**Work instructions:** Beneath this line are the data; copy exactly the part of them that opens with the line containing "(recorded-AcceptsAtMost most) mid_v" and closes with the line containing "-- ===== src/SocketIo/Receives.antt", and only that part.

Stored data entries:
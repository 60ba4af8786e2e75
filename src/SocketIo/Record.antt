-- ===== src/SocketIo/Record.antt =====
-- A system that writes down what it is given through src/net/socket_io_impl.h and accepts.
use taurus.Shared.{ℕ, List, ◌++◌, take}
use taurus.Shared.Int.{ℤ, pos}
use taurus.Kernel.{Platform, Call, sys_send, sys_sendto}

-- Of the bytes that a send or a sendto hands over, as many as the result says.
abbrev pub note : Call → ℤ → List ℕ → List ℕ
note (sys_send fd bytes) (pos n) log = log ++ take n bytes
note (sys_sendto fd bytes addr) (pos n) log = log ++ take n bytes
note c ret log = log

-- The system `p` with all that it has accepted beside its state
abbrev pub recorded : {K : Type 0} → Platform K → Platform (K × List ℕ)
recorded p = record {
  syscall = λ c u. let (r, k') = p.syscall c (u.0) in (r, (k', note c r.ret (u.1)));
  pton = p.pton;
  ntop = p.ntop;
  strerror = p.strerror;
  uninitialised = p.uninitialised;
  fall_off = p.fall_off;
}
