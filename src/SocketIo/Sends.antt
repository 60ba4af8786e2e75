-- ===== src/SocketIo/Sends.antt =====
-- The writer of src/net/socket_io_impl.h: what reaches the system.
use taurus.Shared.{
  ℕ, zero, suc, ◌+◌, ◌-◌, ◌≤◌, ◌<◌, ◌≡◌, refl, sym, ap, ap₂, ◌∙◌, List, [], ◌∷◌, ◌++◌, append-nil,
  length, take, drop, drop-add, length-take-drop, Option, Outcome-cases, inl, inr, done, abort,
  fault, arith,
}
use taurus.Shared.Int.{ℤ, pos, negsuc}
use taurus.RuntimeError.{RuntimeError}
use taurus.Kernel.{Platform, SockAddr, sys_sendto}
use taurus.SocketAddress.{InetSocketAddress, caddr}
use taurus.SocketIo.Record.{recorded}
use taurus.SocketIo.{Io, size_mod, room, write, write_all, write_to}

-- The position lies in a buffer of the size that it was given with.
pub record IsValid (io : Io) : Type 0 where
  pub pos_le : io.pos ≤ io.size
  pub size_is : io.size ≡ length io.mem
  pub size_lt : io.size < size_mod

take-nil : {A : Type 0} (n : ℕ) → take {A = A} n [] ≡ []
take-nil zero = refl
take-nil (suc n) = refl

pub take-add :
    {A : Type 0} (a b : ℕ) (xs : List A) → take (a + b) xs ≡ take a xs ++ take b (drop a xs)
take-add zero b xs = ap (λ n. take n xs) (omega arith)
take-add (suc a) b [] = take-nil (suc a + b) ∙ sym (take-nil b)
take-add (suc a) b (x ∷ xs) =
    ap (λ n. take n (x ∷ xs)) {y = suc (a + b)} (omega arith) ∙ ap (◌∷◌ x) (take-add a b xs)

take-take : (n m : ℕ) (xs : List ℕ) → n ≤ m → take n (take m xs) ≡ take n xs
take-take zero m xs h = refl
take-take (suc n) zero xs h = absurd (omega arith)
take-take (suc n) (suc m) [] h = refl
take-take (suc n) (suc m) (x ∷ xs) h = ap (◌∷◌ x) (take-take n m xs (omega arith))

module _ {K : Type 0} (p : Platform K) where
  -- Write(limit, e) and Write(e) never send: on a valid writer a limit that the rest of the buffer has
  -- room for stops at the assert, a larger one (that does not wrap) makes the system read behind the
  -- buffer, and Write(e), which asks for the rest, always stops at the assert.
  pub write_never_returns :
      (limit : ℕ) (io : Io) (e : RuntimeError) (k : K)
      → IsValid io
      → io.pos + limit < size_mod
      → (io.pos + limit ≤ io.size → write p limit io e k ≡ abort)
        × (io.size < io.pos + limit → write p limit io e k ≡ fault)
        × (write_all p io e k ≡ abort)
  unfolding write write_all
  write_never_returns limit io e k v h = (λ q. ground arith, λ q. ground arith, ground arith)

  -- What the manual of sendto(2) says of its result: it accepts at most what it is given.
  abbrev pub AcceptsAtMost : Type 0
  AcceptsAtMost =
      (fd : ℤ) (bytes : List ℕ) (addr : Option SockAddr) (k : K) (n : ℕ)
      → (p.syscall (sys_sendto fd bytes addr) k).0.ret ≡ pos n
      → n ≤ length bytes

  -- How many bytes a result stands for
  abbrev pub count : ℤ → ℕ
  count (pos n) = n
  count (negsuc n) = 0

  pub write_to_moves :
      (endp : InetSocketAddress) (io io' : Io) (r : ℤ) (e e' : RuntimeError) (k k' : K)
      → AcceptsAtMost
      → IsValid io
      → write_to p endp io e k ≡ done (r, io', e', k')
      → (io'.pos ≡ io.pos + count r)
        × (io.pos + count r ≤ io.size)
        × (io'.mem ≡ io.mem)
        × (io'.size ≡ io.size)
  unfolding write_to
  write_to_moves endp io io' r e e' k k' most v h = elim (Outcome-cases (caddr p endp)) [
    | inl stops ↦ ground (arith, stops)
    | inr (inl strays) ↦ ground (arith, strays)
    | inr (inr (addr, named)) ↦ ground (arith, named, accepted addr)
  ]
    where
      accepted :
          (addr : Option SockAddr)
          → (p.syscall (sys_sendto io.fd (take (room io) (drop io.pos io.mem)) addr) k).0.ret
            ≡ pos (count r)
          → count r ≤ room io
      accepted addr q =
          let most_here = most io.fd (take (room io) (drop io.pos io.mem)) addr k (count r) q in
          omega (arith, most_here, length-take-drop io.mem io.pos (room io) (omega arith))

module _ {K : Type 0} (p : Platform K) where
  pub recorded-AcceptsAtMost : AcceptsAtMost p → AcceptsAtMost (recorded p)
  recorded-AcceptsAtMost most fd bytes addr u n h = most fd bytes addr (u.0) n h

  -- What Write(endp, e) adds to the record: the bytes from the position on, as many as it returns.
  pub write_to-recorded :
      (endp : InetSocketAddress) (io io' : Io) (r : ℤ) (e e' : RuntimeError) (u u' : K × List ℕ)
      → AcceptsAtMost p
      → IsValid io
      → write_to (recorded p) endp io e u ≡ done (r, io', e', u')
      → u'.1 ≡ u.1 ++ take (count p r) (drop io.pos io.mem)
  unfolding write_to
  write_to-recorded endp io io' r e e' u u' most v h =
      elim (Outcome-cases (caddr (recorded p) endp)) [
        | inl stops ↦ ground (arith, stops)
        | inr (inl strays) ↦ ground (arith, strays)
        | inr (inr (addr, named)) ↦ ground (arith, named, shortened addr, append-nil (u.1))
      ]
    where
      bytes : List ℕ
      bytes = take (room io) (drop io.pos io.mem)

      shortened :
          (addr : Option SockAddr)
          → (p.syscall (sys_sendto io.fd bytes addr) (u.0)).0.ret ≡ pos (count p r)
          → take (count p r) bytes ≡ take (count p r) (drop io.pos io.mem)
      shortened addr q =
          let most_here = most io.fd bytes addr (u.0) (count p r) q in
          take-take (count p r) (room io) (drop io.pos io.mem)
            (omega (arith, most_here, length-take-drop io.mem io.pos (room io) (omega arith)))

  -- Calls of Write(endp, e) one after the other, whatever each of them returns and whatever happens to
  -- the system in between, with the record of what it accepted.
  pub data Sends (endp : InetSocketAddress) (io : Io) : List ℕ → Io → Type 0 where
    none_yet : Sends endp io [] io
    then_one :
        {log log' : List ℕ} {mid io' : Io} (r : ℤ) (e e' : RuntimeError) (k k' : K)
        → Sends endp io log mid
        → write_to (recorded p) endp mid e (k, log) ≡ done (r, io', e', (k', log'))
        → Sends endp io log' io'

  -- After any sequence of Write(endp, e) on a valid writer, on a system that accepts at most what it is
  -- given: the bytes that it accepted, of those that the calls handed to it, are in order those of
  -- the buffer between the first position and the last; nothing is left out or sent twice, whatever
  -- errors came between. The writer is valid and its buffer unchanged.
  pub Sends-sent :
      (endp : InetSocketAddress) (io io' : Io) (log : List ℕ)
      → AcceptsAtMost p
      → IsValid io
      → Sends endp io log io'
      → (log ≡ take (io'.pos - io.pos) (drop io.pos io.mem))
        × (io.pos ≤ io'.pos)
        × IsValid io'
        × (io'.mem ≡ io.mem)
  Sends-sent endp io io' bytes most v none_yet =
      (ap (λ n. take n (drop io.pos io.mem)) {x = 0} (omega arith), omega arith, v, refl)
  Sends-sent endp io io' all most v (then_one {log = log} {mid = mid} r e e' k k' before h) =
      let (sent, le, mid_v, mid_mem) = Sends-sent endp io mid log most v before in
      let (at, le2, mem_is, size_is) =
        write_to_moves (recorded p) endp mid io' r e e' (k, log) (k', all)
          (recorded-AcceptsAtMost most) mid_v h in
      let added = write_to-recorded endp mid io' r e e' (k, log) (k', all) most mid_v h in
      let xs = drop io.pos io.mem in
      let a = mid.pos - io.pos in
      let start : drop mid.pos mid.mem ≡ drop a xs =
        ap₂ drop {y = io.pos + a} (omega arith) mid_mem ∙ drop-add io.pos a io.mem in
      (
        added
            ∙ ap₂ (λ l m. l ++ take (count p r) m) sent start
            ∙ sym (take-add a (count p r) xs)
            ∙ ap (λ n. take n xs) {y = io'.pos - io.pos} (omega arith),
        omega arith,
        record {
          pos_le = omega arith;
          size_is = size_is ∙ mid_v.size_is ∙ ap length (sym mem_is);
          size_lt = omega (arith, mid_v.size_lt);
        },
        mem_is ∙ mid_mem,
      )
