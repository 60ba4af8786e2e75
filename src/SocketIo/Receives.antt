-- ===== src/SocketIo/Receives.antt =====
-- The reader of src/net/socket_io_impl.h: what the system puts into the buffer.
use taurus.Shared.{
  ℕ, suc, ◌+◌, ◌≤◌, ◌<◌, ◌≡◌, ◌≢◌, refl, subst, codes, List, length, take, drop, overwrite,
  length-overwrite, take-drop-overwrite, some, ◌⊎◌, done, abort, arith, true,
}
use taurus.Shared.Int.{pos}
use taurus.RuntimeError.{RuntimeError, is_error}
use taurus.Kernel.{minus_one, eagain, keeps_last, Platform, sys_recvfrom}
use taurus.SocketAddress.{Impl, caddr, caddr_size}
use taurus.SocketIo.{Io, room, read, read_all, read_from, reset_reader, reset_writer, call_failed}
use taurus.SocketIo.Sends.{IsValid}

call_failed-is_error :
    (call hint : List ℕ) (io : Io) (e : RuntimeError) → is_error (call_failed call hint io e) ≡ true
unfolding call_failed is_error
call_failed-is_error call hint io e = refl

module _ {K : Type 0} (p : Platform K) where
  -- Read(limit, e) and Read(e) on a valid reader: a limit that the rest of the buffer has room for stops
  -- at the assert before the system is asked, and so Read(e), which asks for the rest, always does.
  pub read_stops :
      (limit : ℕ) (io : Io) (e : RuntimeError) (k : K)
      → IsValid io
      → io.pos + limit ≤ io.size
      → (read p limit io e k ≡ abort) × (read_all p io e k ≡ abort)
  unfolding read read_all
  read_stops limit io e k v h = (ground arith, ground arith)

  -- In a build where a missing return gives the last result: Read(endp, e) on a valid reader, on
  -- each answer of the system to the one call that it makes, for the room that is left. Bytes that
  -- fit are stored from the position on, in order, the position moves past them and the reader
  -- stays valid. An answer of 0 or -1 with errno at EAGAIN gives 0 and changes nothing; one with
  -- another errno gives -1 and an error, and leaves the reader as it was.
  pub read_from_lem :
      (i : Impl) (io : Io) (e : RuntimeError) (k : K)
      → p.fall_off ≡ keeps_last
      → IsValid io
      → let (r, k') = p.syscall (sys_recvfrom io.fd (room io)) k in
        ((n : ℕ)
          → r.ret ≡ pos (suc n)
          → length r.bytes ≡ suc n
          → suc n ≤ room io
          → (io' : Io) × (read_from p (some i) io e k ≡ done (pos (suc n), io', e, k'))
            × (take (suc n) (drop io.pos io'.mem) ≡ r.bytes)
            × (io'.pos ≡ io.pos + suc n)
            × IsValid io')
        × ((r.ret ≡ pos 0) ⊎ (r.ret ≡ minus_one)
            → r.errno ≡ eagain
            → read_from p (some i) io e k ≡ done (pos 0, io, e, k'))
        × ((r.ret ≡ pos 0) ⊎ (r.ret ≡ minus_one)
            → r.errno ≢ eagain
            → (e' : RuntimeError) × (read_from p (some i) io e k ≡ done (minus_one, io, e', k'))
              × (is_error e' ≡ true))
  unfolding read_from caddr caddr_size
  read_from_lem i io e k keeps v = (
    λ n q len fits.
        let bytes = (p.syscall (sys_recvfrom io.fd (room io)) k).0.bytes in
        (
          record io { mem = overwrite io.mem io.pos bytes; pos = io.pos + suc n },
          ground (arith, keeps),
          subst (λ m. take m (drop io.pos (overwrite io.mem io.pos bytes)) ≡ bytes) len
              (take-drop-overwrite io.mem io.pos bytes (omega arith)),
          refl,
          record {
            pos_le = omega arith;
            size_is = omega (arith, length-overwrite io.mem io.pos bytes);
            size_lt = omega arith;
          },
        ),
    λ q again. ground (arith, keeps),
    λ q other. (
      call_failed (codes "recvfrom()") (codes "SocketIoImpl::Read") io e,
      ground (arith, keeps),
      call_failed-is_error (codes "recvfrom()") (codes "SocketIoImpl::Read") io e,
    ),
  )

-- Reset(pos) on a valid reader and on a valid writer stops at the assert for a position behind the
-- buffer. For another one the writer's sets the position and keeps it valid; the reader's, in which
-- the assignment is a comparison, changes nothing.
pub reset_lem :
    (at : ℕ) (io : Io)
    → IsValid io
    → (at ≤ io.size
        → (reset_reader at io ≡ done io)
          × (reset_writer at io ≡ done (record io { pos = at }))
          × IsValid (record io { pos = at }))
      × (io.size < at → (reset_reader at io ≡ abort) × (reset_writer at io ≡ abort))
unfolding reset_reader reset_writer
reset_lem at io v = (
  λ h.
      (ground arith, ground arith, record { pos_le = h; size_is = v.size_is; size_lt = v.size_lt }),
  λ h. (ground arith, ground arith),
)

**Final answer:**
          (recorded-AcceptsAtMost most) mid_v h in
      let added = write_to-recorded endp mid io' r e e' (k, log) (k', all) most mid_v h in
      let xs = drop io.pos io.mem in
      let a = mid.pos - io.pos in
      let start : drop mid.pos mid.mem ≡ drop a xs =
        ap₂ drop {y = io.pos + a} (omega arith) mid_mem ∙ drop-add io.pos a io.mem in
      (
        added
            ∙ ap₂ (λ l m. l ++ take (count p r) m) sent start
            ∙ sym (take-add a (count p r) xs)
            ∙ ap (λ n. take n xs) {y = io'.pos - io.pos} (omega arith),
        omega arith,
        record {
          pos_le = omega arith;
          size_is = size_is ∙ mid_v.size_is ∙ ap length (sym mem_is);
          size_lt = omega (arith, mid_v.size_lt);
        },
        mem_is ∙ mid_mem,
      )
repository 60ba4af8786e2e75
filename src/SocketIo/Receives.antt
-- ===== src/SocketIo/Receives.antt =====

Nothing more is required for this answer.